▸ LISTED RECORDS
-- ===== src/Planner/Hazards.antt =====
-- Calls of the planner (crates/partitioning/src/planner.rs) whose result is not what its callers
-- and its documentation mean.
use mathlib.Core.List.{append-nil}
use disks_rs.Base.{
  ℕ, zero, suc, ◌+◌, ◌*◌, ◌≤◌, ◌<◌, ◌≡◌, refl, ap, ◌∙◌, inl, inr, true, Option, some, List, [], ◌∷◌,
  arith, Option-cases, done, length, some-inj,
}
use disks_rs.Disks
use disks_rs.Disks.{Partition, BlockDevice}
use disks_rs.Sizing.{is_aligned}
use disks_rs.Sizing.Nearest.{align_aligned}
use disks_rs.Planner.{
  delete_partition, Planner, Region, plan_delete_partition, plan_add_partition_with_attributes,
  partition_alignment, remove?, layout_of, current_layout, sort_descending, new, regions_from,
  aligned_start, aligned_end,
}
use disks_rs.Planner.Adding.{planned, plan_add_iff}
use disks_rs.Planner.Steps.{delete-done, layout_of-nil}

module _ {A : Type 0} where
  length-remove? :
      (l : List (Region A)) {m : List (Region A)} (i : ℕ)
      → remove? l i ≡ some m
      → length m + 1 ≡ length l
  length-remove? [] i h = cc
  length-remove? (r ∷ l) zero h = omega (arith, ap length (some-inj h))
  length-remove? (r ∷ l) (suc i) h = elim (Option-cases (remove? l i)) [
    | inl e ↦ ground arith
    | inr (m, e) ↦ omega (arith, length-remove? l i e, ap length (some-inj (rw e at h)))
  ]

  remove?-some :
      (l : List (Region A)) (i : ℕ) → i < length l → (m : List (Region A)) × (remove? l i ≡ some m)
  remove?-some [] i h = elim h [ ]
  remove?-some (r ∷ l) zero h = (l, refl)
  remove?-some (r ∷ l) (suc i) h = let (m, e) = remove?-some l i (omega arith) in (r ∷ m, rw e)

  -- The layout after the index `i` was deleted twice.
  layout_twice :
      (o : List (Region A)) (i n m : ℕ) (l : List (Region A))
      → remove? o i ≡ some l
      → layout_of o (delete_partition i n ∷ delete_partition i m ∷ []) ≡ remove? l i
  unfolding layout_of sort_descending
  layout_twice o i n m l h = elim (Option-cases (remove? l i)) [
    | inl f ↦ ground arith
    | inr (k, f) ↦ ground (arith, append-nil k)
  ]

  -- If a planner without pending changes accepts the deletion of one and the same partition twice,
  -- and the partition is not the last one, its layout then lacks two of the original regions.
  pub plan_delete_twice :
      (i : ℕ) (p q r : Planner A)
      → p.changes ≡ []
      → plan_delete_partition i p ≡ done tt q
      → plan_delete_partition i q ≡ done tt r
      → i + 1 < length p.original_regions
      → (l : List (Region A)) × (current_layout r ≡ some l)
        × (length l + 2 ≡ length p.original_regions)
  plan_delete_twice i p q r e h k inner =
      let (n, lt, eq) = delete-done i p q h in
      let (m, _, eq') = delete-done i q r k in
      let o = p.original_regions in
      let cs : r.changes ≡ delete_partition i n ∷ delete_partition i m ∷ [] = cc in
      let (l, f) = remove?-some o i lt in
      let twice : current_layout r ≡ remove? l i =
        ap (λ (x : Planner A). layout_of x.original_regions r.changes) eq'
        ∙ ap (λ (x : Planner A). layout_of x.original_regions r.changes) eq
        ∙ ap (layout_of o) cs
        ∙ layout_twice o i n m l f in
      let (l', g) = remove?-some l i (omega (arith, length-remove? o i f)) in
      (l', twice ∙ g, omega (arith, length-remove? o i f, length-remove? l i g))

  -- A partition's bounds are counted in sectors and taken over as bytes. So on a device whose only
  -- partition has the byte range start * 512 .. end * 512, nonempty, aligned and on the disk, with
  -- an end sector that is no greater than its start byte, a new planner accepts the addition of a
  -- partition on exactly that byte range, which is in use.
  pub new-accepts_occupied :
      (d : BlockDevice) (part : Partition) (a : Option A)
      → Disks.partitions d ≡ part ∷ []
      → is_aligned (part.start * 512) partition_alignment ≡ true
      → is_aligned (part.end * 512) partition_alignment ≡ true
      → part.start < part.end
      → part.end * 512 ≤ Disks.size d
      → part.end ≤ part.start * 512
      → plan_add_partition_with_attributes (part.start * 512) (part.end * 512) a (new d)
        ≡ done tt (planned (part.start * 512) (part.end * 512) a (new d))
  unfolding new
  new-accepts_occupied d part a one s e lt fits small =
      let start = part.start * 512 in
      let end = part.end * 512 in
      let b : aligned_start start (new {A = A} d) ≡ start =
        omega (arith, (align_aligned start partition_alignment s).0) in
      let c : aligned_end end (new {A = A} d) ≡ end =
        omega (arith, (align_aligned end partition_alignment e).1) in
      (plan_add_iff start end a (new d) (planned start end a (new d))).1 (
        record {
          start_kept = λ _. omega arith;
          end_kept = λ _. fits;
          nonempty = rw (b, c) (omega arith);
          layout = regions_from (part ∷ []);
          is_layout = rw one (layout_of-nil (regions_from (part ∷ [])));
          apart = (inr (omega (arith, b)), tt);
        },
        rw (b, c),
      )
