-- ===== src/Lib.antt =====
-- A model of football-agent, which recommends value bets on football matches and keeps their books.
--
-- Bets are settled by `SettlementService` (app/services/settlement.py). Domain models the values
-- and entities that it reads and writes (app/models, app/providers/schemas): Domain/Score,
-- Domain/Markets, Domain/Entities. Settlement/State models the fixture lifecycle and
-- `_authoritative_state`, Settlement/Resolve `_resolve`, `_result` and `_skip`,
-- Settlement/Evidence the VOID evidence, Settlement/Ports what the service is given and what it
-- writes, Settlement/Plan the part of `settle_all` before the lock (gathering the candidates,
-- refreshing the fixtures, asking for evidence, the deferred fixtures), and Settlement/Batch the
-- loop under the lock and the report. The theorems stand in the children of these modules and in
-- Settlement/Run, Settlement/FailClosed and Settlement/Once; Settlement/Tests runs the service on
-- concrete data. Prelude has the texts, integers, dictionaries and number interfaces.
--
-- Before a bet is recommended it passes the gates: Gates/Recommendation models the admission rules
-- (app/services/recommendation_gate.py), Gates/Daily the choice of the day
-- (app/services/daily_selection.py, whose `sorted` is an insertion sort here), Gates/Lineup the
-- verified lineups and their gate (app/services/verified_lineup.py,
-- app/services/lineup_admission_gate.py) on the entity of Gates/Lineup/Entity, and
-- Gates/PreKickoff the state and the checkpoint of a fixture before kickoff
-- (app/services/pre_kickoff_state_resolver.py, app/services/pre_kickoff_checkpoint_resolver.py).
-- Their theorems stand in the children, and Gates/Tests has the examples. Reasons are values of
-- data types: the texts made of them are not modelled.
--
-- Gates/MarketQuote models the verification of a 1X2 market (app/services/verified_market_quote.py):
-- its data and their constructors, and in its children Latest the newest snapshot of each
-- bookmaker, Quote a selection's quote, and Service the service. Prices are any numbers with the
-- operators of Prelude/Number.
--
-- Gates/MarketMovement compares two such markets (app/services/verified_market_movement.py).
--
-- Odds come from outside: Odds/TeamNames and Odds/Matching model how an odds event finds its
-- fixture (app/services/odds_matching.py, `normalize_team_name` on ASCII text), Odds/Aliases the
-- names that count as one team (app/services/team_aliases.py), Odds/Schema what
-- the providers report (app/providers/schemas/odds.py), and Odds/Prioritized, with its child
-- Targeted, the provider that asks a second one where the first has no quote
-- (app/providers/impl/prioritized_odds_provider.py). A provider is a record of functions on the
-- states of a world.
--
-- Odds/Ingestion models how the events of a provider become snapshots (app/services/odds_ingestion.py,
-- `_process_events` and what it calls), on the tables of Odds/Ingestion/Tables
-- (app/repositories/sqlalchemy/odds_snapshot_repository.py, reference_repositories.py). A run
-- carries its tables, its cache of bookmakers, its counters and its samples.
--
-- Picks models the daily run that spends reviews on the best fixtures only
-- (app/services/daily_top_picks.py), Picks/Whitelist the competitions that count
-- (app/config/whitelist.py). The other services of a run are a record of operations with laws.
--
-- Settlement/Performance models the figures over all settlements
-- (app/services/performance_tracker.py), its Drawdown the largest fall of the running total.
--
-- Workers/Lock models the file lock under which a scheduler's command runs
-- (app/workers/scheduler_runner.py, `acquire_lock`, `release_lock`, and `main` around a command):
-- each access to the file is a step, Runs has the processes as a step relation. A call makes at
-- most six steps: it opens, reads, judges and breaks, then opens and writes.
--
-- Quota/RequestLimiter models the limiter of the API-Football requests
-- (app/providers/api_football_rate_limit.py): a round of the loop in `admit` is a function of what
-- it reads from the clock, and Quota/RequestLimiter/Trace runs rounds and observations in any
-- order. The loop itself takes fuel; two rounds more than the deque holds calls are enough.
--
-- Quota/TokenBucket models the token bucket of the Odds-API.io requests (app/utils/rate_limiter.py):
-- each operation as it runs under the lock. Its children are Redis (the counts in Redis), Shared
-- (the whole operations, which read Redis first and write it afterwards) and Grants (a run of
-- operations in any order, with the tokens it grants).
--
-- The settlement's repositories and providers are functions in the record `Ports`. What they answer may be an
-- exception, a value of `Outcome`. Rows that are written are kept in a `Store`; an exception ends
-- the run with the rows written so far, which the transaction then rolls back. Decimal and float
-- are types with an instance of `Number`; the laws that a theorem needs of them are the
-- hypotheses `IsExact`, `IsOrdered` and `IsDifference`, which hold for the integers. UUIDs are
-- natural numbers. A dictionary is an association list in the order of insertion.
--
-- Every other loop recurs on the list that it goes through, so no fuel is needed. `str.strip` and
-- `str.upper` are written out for ASCII text.
--
-- Not modelled: the statistical models, whose floating-point estimates have no exact law to state;
-- the statistics of a team's form; the committee's review and the other language-model calls; the
-- mappings and queries of the repositories, which a database runs; the adapters of the providers,
-- the dashboard, the HTTP interface, the migrations and the scripts, which are input and output.
pub mod Prelude
pub mod Domain
pub mod Gates
pub mod Odds
pub mod Picks
pub mod Quota
pub mod Settlement
pub mod Workers
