-- ===== src/Domain.antt =====
-- The value objects and entities that the services share (app/models).
pub mod Score
pub mod Markets
pub mod Entities
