-- ===== src/Prelude/Text.antt =====
-- Text: the native `String` where the program compares whole texts, and its code points where it
-- walks them. `strip` and `upper` are Python's on ASCII text.
pub mod Strip
pub mod Numerals
use Prim.Native.Nat.{ℕ, suc, ◌-◌}
use Prim.Native.Char.{code}
use Prim.Native.String.{String, ◌++◌ as string_append}
use mathlib.Core.Option.{Option, none, some}
use mathlib.Core.Bool.{Bool, true, false, ◌&&◌, ◌||◌}
use mathlib.Core.List.{List, [], ◌∷◌, map}
use text.Mathlib.Text.{◌==◌ as string_eq}
use football_agent.Prelude.Tests.{if◌then◌else◌, ◌==◌, leb}
pub use text.Mathlib.TextEquality.{eq_iff}

-- `s == t` on texts.
abbrev pub str_eq : String → String → Bool
str_eq s t = string_eq s t

abbrev pub codes : String → List ℕ
codes String.[] = []
codes (String.◌∷◌ c s) = code c ∷ codes s

-- ASCII white space as `str.strip` reads it: 9 to 13, 28 to 31 and the space.
abbrev pub is_space : ℕ → Bool
is_space c = (leb 9 c && leb c 13) || (leb 28 c && leb c 32)

abbrev pub all_space : String → Bool
all_space String.[] = true
all_space (String.◌∷◌ c s) = is_space (code c) && all_space s

abbrev pub lstrip : String → String
lstrip String.[] = String.[]
lstrip (String.◌∷◌ c s) = let rest = lstrip s in if is_space (code c) then rest else String.◌∷◌ c s

abbrev pub rstrip : String → String
rstrip String.[] = String.[]
rstrip (String.◌∷◌ c s) =
    let rest = rstrip s in if is_space (code c) && all_space s then String.[] else String.◌∷◌ c rest

-- `s.strip()`
unfoldable pub strip : String → String
strip s = rstrip (lstrip s)

abbrev upper_code : ℕ → ℕ
upper_code c = if leb b'a' c && leb c b'z' then c - 32 else c

-- The code points of `s.upper()`.
unfoldable pub upper : String → List ℕ
upper s = map upper_code (codes s)

abbrev pub code_eq : List ℕ → List ℕ → Bool
code_eq [] [] = true
code_eq [] (_ ∷ _) = false
code_eq (_ ∷ _) [] = false
code_eq (a ∷ s) (b ∷ t) = a == b && code_eq s t

-- `s in {t, ...}` on texts.
abbrev pub code_in : List ℕ → List String → Bool
code_in s [] = false
code_in s (t ∷ ts) = code_eq s (codes t) || code_in s ts

-- `s + t`, as the f-strings join their parts.
abbrev pub str_append : String → String → String
str_append s t = string_append s t

-- `str | None` values compared by `==`.
abbrev pub opt_str_eq : Option String → Option String → Bool
opt_str_eq none none = true
opt_str_eq none (some _) = false
opt_str_eq (some _) none = false
opt_str_eq (some s) (some t) = str_eq s t

-- `len(s)`, the number of characters.
abbrev pub str_len : String → ℕ
str_len String.[] = 0
str_len (String.◌∷◌ c s) = suc (str_len s)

▸ GOAL OF THE EXERCISE
Give a single number: the count of lines above that include the word "types".

▸ EXERCISE RESULT
2